+++ Exercise input +++

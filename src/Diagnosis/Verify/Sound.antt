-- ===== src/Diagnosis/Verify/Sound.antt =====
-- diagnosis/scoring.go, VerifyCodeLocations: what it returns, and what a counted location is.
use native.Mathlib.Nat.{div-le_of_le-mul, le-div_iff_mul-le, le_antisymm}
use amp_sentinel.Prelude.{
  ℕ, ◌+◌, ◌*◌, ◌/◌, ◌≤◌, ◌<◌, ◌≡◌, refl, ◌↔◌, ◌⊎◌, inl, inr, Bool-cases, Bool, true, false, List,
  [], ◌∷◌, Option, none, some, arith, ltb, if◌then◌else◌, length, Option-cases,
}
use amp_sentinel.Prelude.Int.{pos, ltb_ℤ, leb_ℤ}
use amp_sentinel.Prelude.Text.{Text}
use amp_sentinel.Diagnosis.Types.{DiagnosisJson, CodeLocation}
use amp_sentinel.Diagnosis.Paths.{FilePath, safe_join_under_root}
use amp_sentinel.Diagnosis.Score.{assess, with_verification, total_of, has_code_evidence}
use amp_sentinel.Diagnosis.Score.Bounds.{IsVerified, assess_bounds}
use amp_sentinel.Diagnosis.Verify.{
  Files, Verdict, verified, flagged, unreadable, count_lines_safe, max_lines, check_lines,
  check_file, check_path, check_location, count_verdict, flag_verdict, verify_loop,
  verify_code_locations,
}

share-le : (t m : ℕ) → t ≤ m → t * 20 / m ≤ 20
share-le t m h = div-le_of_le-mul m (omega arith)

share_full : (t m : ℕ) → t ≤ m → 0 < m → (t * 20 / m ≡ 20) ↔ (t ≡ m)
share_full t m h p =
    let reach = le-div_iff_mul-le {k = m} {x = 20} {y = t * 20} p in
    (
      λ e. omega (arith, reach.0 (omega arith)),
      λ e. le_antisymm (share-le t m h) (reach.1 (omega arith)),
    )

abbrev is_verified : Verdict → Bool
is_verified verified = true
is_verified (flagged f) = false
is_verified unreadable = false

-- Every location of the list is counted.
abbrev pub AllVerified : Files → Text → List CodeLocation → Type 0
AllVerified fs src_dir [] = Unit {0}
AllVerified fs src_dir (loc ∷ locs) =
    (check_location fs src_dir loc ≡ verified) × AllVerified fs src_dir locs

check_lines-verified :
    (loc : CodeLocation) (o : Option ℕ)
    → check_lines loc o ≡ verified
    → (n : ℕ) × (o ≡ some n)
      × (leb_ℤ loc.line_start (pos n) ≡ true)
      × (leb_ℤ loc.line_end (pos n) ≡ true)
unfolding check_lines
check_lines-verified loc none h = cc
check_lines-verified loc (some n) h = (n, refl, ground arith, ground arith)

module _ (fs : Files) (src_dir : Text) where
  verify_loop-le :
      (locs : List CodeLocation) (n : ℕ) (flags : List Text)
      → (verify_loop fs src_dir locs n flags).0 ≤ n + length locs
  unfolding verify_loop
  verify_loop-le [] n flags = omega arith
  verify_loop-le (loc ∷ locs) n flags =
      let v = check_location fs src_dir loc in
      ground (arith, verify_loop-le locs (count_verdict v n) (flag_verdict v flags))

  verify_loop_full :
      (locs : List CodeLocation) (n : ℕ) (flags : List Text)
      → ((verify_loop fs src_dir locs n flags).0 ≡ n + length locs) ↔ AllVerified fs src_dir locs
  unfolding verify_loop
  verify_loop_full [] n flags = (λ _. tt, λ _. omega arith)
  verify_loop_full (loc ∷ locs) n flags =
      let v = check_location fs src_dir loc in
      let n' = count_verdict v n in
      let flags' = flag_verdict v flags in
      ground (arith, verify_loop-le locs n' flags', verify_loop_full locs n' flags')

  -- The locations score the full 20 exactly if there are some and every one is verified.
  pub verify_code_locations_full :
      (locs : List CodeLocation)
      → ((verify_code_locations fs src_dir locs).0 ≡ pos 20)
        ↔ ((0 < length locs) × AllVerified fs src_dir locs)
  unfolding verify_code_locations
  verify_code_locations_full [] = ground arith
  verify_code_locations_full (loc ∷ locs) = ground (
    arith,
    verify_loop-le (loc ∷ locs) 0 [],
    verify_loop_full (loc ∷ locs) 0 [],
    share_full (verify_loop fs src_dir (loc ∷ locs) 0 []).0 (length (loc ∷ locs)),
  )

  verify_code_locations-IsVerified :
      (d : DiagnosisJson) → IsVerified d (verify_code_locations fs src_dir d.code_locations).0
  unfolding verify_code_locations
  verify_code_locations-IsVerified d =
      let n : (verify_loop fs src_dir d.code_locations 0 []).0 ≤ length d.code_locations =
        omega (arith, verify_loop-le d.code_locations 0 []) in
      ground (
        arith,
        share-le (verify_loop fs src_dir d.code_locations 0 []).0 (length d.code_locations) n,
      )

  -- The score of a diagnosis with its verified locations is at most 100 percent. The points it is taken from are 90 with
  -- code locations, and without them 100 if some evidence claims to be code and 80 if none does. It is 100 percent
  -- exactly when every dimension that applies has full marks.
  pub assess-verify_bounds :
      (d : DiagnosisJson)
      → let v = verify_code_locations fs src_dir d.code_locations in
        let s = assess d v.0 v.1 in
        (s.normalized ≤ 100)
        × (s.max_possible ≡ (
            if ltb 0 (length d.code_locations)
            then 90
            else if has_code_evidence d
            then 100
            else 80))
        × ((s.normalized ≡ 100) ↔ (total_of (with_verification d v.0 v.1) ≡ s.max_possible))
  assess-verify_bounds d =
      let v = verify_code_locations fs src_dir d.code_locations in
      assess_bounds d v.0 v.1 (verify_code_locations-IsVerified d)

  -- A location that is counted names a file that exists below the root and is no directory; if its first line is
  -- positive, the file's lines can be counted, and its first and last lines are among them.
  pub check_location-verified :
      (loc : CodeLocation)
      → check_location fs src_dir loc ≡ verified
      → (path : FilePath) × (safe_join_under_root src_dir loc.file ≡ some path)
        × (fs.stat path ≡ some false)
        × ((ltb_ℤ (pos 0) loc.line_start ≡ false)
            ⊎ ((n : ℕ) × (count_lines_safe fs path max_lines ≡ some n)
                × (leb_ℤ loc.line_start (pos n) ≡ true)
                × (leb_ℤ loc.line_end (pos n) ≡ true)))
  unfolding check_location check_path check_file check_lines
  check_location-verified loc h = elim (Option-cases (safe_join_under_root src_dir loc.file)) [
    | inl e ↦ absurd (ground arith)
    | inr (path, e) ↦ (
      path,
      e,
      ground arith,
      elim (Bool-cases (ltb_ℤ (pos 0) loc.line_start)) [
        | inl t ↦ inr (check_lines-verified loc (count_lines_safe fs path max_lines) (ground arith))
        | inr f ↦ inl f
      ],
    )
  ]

+++
+++ Exercise input +++

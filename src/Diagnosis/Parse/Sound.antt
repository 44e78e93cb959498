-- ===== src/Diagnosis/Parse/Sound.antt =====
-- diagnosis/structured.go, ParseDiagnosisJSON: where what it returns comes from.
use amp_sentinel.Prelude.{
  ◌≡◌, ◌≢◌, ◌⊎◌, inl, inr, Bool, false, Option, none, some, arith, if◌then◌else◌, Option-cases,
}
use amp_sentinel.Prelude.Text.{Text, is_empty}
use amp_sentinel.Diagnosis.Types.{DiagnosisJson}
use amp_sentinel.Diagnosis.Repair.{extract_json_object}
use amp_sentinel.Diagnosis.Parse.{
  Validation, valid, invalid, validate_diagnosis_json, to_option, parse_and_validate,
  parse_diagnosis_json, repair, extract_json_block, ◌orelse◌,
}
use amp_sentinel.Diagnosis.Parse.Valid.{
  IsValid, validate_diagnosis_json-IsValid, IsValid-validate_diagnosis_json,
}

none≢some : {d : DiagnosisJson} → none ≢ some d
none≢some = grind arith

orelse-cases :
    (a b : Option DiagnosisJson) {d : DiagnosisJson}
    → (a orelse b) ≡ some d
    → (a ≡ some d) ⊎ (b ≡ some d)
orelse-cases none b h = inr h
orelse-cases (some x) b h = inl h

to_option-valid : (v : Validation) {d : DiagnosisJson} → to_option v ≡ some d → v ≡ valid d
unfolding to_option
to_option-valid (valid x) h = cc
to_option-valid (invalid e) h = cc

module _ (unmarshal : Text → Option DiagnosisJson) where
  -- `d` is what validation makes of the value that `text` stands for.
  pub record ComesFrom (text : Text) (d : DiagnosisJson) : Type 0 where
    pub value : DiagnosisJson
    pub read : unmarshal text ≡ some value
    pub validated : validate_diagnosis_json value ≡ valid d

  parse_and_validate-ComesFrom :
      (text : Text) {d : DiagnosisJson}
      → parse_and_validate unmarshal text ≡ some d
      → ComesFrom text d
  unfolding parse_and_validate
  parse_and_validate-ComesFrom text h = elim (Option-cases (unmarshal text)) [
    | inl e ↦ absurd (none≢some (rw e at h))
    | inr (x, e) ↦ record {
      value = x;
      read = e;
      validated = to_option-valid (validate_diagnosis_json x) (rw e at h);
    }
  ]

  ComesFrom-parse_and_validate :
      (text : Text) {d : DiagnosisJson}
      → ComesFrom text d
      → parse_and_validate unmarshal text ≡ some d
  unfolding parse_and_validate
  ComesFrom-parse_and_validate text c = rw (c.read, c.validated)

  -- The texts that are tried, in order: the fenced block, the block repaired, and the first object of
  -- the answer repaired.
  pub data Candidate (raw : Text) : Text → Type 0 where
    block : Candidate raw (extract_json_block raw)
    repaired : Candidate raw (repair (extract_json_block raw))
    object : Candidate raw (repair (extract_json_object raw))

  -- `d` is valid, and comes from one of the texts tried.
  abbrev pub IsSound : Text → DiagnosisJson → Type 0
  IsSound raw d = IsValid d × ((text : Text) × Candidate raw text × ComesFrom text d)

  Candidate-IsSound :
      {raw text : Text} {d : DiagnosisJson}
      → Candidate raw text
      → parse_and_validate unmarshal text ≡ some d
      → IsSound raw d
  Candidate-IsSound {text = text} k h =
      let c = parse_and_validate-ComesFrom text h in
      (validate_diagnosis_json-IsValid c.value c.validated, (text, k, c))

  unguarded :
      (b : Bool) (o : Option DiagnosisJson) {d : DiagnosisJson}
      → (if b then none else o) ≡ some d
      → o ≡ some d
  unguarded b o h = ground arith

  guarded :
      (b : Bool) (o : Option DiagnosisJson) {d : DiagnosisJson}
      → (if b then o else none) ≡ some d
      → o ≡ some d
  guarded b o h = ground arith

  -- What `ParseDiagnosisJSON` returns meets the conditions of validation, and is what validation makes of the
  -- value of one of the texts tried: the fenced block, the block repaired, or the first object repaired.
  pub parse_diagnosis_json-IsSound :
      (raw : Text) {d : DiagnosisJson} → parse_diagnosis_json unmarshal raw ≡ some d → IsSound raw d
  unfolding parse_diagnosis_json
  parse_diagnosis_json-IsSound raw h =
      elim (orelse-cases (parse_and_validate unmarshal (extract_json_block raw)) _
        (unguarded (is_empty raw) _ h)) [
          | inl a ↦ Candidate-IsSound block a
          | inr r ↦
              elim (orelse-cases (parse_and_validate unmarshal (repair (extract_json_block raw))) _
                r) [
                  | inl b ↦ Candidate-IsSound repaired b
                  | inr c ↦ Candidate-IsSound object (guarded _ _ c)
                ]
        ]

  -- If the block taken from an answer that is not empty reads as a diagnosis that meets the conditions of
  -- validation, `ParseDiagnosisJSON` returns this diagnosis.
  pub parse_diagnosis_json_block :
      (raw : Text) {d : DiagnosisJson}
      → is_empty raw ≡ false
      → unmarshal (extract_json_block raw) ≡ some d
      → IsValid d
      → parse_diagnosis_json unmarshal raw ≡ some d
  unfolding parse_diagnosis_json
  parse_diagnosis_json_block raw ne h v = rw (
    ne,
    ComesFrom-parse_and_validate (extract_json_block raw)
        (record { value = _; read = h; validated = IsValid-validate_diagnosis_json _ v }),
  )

+++

> _Required work_
Only the lines above from the line with "none≢some = grind arith" to the line with "IsSound raw d = IsValid", those two lines included, should be reproduced exactly.

> _Response to this task_
none≢some = grind arith

orelse-cases :
    (a b : Option DiagnosisJson) {d : DiagnosisJson}
    → (a orelse b) ≡ some d
    → (a ≡ some d) ⊎ (b ≡ some d)
orelse-cases none b h = inr h
orelse-cases (some x) b h = inl h

to_option-valid : (v : Validation) {d : DiagnosisJson} → to_option v ≡ some d → v ≡ valid d
unfolding to_option
to_option-valid (valid x) h = cc
to_option-valid (invalid e) h = cc

module _ (unmarshal : Text → Option DiagnosisJson) where
  -- `d` is what validation makes of the value that `text` stands for.
  pub record ComesFrom (text : Text) (d : DiagnosisJson) : Type 0 where
    pub value : DiagnosisJson
    pub read : unmarshal text ≡ some value
    pub validated : validate_diagnosis_json value ≡ valid d

  parse_and_validate-ComesFrom :
      (text : Text) {d : DiagnosisJson}
      → parse_and_validate unmarshal text ≡ some d
      → ComesFrom text d
  unfolding parse_and_validate
  parse_and_validate-ComesFrom text h = elim (Option-cases (unmarshal text)) [
    | inl e ↦ absurd (none≢some (rw e at h))
    | inr (x, e) ↦ record {
      value = x;
      read = e;
      validated = to_option-valid (validate_diagnosis_json x) (rw e at h);
    }
  ]

  ComesFrom-parse_and_validate :
      (text : Text) {d : DiagnosisJson}
      → ComesFrom text d
      → parse_and_validate unmarshal text ≡ some d
  unfolding parse_and_validate
  ComesFrom-parse_and_validate text c = rw (c.read, c.validated)

  -- The texts that are tried, in order: the fenced block, the block repaired, and the first object of
  -- the answer repaired.
  pub data Candidate (raw : Text) : Text → Type 0 where
    block : Candidate raw (extract_json_block raw)
    repaired : Candidate raw (repair (extract_json_block raw))
    object : Candidate raw (repair (extract_json_object raw))

  -- `d` is valid, and comes from one of the texts tried.
  abbrev pub IsSound : Text → DiagnosisJson → Type 0
  IsSound raw d = IsValid d × ((text : Text) × Candidate raw text × ComesFrom text d)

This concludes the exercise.